HOW TO COMPLETE THIS TASK: Your output should be the line with "matches ctx this_id" followed by every remaining line of the entries, reproduced exactly.

DATA UNDER STUDY:
◇ ◇ ◇ ◇ ◇ ◇ ◇

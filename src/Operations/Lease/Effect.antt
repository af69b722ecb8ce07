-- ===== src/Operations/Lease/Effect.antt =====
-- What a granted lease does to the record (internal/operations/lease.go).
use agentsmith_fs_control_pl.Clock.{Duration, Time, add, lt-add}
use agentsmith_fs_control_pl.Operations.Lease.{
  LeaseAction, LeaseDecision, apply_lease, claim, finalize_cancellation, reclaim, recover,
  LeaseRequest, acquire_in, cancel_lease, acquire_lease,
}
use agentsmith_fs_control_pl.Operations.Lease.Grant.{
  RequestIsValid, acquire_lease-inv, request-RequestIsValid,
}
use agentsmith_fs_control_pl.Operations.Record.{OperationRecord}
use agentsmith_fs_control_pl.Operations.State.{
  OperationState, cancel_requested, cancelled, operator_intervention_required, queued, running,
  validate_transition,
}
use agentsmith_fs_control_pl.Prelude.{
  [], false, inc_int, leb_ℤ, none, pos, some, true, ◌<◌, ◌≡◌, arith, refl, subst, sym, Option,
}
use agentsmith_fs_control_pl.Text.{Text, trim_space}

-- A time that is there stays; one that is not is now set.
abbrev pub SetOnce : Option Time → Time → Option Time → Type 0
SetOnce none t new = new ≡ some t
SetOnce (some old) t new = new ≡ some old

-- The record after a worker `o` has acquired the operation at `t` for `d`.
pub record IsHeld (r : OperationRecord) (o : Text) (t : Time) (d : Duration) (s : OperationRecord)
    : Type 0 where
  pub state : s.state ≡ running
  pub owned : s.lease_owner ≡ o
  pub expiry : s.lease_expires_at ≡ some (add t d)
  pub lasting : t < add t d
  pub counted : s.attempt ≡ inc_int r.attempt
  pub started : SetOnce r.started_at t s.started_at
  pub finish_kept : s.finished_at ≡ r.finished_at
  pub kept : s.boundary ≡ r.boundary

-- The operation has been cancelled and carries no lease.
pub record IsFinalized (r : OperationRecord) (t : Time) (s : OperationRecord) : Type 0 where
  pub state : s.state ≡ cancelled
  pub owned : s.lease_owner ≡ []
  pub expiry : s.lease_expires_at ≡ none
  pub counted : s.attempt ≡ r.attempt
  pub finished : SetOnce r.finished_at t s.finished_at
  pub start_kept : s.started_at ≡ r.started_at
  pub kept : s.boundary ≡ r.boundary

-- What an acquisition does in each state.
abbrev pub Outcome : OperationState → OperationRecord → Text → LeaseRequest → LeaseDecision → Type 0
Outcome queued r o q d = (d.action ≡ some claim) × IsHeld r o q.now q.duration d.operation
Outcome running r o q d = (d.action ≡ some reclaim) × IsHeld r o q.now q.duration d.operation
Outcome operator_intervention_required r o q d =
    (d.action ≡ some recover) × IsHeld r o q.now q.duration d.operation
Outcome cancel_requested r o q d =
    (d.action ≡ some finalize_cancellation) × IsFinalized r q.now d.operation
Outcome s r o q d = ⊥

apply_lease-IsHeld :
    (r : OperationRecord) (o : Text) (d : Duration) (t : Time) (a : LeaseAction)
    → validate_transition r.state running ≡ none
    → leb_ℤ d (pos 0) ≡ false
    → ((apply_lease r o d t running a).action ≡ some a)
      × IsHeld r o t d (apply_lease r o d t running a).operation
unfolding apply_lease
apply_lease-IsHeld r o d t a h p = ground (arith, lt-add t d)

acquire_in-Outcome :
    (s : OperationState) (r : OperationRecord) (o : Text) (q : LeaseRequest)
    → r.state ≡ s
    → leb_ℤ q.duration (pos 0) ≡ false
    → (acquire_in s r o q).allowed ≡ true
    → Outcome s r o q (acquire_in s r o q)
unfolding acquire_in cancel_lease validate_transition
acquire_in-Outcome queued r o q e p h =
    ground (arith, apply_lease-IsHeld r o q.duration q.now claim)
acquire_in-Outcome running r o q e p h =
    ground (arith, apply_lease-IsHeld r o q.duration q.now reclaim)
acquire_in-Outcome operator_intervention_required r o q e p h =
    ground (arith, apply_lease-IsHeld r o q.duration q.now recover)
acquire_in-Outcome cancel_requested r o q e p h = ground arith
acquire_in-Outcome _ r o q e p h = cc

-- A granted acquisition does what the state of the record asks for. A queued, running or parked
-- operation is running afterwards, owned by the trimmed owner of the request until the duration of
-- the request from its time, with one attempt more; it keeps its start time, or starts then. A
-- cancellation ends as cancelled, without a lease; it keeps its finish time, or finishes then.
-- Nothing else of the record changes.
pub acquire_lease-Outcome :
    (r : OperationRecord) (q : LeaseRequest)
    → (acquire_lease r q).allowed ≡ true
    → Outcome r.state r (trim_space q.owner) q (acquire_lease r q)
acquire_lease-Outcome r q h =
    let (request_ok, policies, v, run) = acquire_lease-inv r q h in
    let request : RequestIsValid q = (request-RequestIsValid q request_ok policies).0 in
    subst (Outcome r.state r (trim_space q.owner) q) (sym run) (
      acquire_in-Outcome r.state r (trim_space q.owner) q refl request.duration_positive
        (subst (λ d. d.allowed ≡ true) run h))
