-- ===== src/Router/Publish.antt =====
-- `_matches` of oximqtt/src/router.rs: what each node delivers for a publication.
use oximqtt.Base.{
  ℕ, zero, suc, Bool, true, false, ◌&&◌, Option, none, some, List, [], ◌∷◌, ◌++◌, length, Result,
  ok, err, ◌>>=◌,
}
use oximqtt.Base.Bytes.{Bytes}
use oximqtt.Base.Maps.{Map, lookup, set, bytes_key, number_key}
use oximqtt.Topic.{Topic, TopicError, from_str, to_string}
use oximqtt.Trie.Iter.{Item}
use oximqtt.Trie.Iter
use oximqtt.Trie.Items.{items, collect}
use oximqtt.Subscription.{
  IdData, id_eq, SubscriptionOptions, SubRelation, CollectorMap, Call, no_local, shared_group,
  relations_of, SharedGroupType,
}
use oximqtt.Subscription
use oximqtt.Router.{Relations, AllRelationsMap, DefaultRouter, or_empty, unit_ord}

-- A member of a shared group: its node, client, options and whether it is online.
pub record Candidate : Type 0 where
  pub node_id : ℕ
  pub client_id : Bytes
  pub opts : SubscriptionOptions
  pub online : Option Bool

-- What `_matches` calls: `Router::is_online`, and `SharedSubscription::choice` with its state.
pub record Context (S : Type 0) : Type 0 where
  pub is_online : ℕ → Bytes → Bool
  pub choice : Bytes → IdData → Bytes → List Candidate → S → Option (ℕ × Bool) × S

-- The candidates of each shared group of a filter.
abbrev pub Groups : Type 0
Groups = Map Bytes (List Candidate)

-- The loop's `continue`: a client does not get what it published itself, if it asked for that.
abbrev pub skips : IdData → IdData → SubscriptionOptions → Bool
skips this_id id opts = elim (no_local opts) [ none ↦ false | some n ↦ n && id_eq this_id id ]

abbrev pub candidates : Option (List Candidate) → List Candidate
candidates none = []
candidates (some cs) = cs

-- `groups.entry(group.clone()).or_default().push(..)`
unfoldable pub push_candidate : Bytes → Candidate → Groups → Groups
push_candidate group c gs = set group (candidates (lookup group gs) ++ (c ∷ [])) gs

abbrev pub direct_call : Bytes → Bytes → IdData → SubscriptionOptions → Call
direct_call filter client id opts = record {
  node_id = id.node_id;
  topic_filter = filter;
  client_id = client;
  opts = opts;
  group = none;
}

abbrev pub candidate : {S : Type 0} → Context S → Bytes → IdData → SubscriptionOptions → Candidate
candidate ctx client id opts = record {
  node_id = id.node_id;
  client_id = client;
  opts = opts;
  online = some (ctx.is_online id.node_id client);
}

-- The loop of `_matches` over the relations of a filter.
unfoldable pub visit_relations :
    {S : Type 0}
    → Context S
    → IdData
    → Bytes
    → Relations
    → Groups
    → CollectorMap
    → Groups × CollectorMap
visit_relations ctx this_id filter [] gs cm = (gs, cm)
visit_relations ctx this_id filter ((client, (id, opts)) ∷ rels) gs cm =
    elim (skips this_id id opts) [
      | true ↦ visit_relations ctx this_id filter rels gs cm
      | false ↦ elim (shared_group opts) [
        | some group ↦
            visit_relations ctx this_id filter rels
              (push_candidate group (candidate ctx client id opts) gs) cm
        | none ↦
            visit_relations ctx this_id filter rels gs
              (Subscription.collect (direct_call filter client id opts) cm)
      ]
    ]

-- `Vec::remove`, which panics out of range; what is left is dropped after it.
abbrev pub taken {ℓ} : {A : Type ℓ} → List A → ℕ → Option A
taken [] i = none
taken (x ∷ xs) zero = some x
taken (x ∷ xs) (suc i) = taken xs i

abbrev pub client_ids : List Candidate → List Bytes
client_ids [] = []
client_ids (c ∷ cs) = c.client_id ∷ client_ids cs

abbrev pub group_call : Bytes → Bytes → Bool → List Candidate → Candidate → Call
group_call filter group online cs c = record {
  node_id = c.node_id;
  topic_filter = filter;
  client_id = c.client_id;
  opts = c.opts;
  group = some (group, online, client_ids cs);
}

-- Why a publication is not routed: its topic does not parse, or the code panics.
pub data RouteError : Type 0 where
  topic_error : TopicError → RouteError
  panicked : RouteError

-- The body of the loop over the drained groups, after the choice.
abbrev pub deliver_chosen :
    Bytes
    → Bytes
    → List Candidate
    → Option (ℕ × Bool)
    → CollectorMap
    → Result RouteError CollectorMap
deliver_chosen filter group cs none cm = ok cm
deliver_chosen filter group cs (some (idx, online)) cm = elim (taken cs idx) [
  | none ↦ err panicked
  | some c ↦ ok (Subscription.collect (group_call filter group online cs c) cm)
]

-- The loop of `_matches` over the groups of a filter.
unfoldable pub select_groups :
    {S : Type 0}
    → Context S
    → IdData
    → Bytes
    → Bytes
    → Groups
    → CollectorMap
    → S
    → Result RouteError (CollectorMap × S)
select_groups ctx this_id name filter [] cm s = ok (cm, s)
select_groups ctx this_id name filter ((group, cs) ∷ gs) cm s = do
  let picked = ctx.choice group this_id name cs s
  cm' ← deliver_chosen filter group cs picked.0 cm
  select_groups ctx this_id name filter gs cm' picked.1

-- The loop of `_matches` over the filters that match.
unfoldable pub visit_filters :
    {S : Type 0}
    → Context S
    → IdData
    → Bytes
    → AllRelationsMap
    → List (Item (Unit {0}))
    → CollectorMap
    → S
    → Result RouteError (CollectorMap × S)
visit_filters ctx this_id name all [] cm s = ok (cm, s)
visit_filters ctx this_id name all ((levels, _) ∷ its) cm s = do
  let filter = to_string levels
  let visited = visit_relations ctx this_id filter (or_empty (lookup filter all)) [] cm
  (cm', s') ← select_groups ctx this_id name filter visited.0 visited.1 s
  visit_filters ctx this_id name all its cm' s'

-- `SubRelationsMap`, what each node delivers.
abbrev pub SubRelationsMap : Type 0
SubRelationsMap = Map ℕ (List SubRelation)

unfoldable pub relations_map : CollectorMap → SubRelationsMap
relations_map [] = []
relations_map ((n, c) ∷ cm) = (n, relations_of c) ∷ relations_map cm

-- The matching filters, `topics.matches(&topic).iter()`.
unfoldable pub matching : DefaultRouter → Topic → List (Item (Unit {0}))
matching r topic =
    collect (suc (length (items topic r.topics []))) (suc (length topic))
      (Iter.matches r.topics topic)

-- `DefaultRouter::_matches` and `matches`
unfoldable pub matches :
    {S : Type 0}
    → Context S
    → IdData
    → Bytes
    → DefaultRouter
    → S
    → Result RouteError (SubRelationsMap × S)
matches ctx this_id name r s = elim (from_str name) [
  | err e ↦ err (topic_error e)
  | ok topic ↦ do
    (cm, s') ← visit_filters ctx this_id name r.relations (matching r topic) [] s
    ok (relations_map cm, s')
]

◇ ◇ ◇ ◇ ◇ ◇ ◇

REPLY TO THE TASK:
matches ctx this_id name r s = elim (from_str name) [
  | err e ↦ err (topic_error e)
  | ok topic ↦ do
    (cm, s') ← visit_filters ctx this_id name r.relations (matching r topic) [] s
    ok (relations_map cm, s')
]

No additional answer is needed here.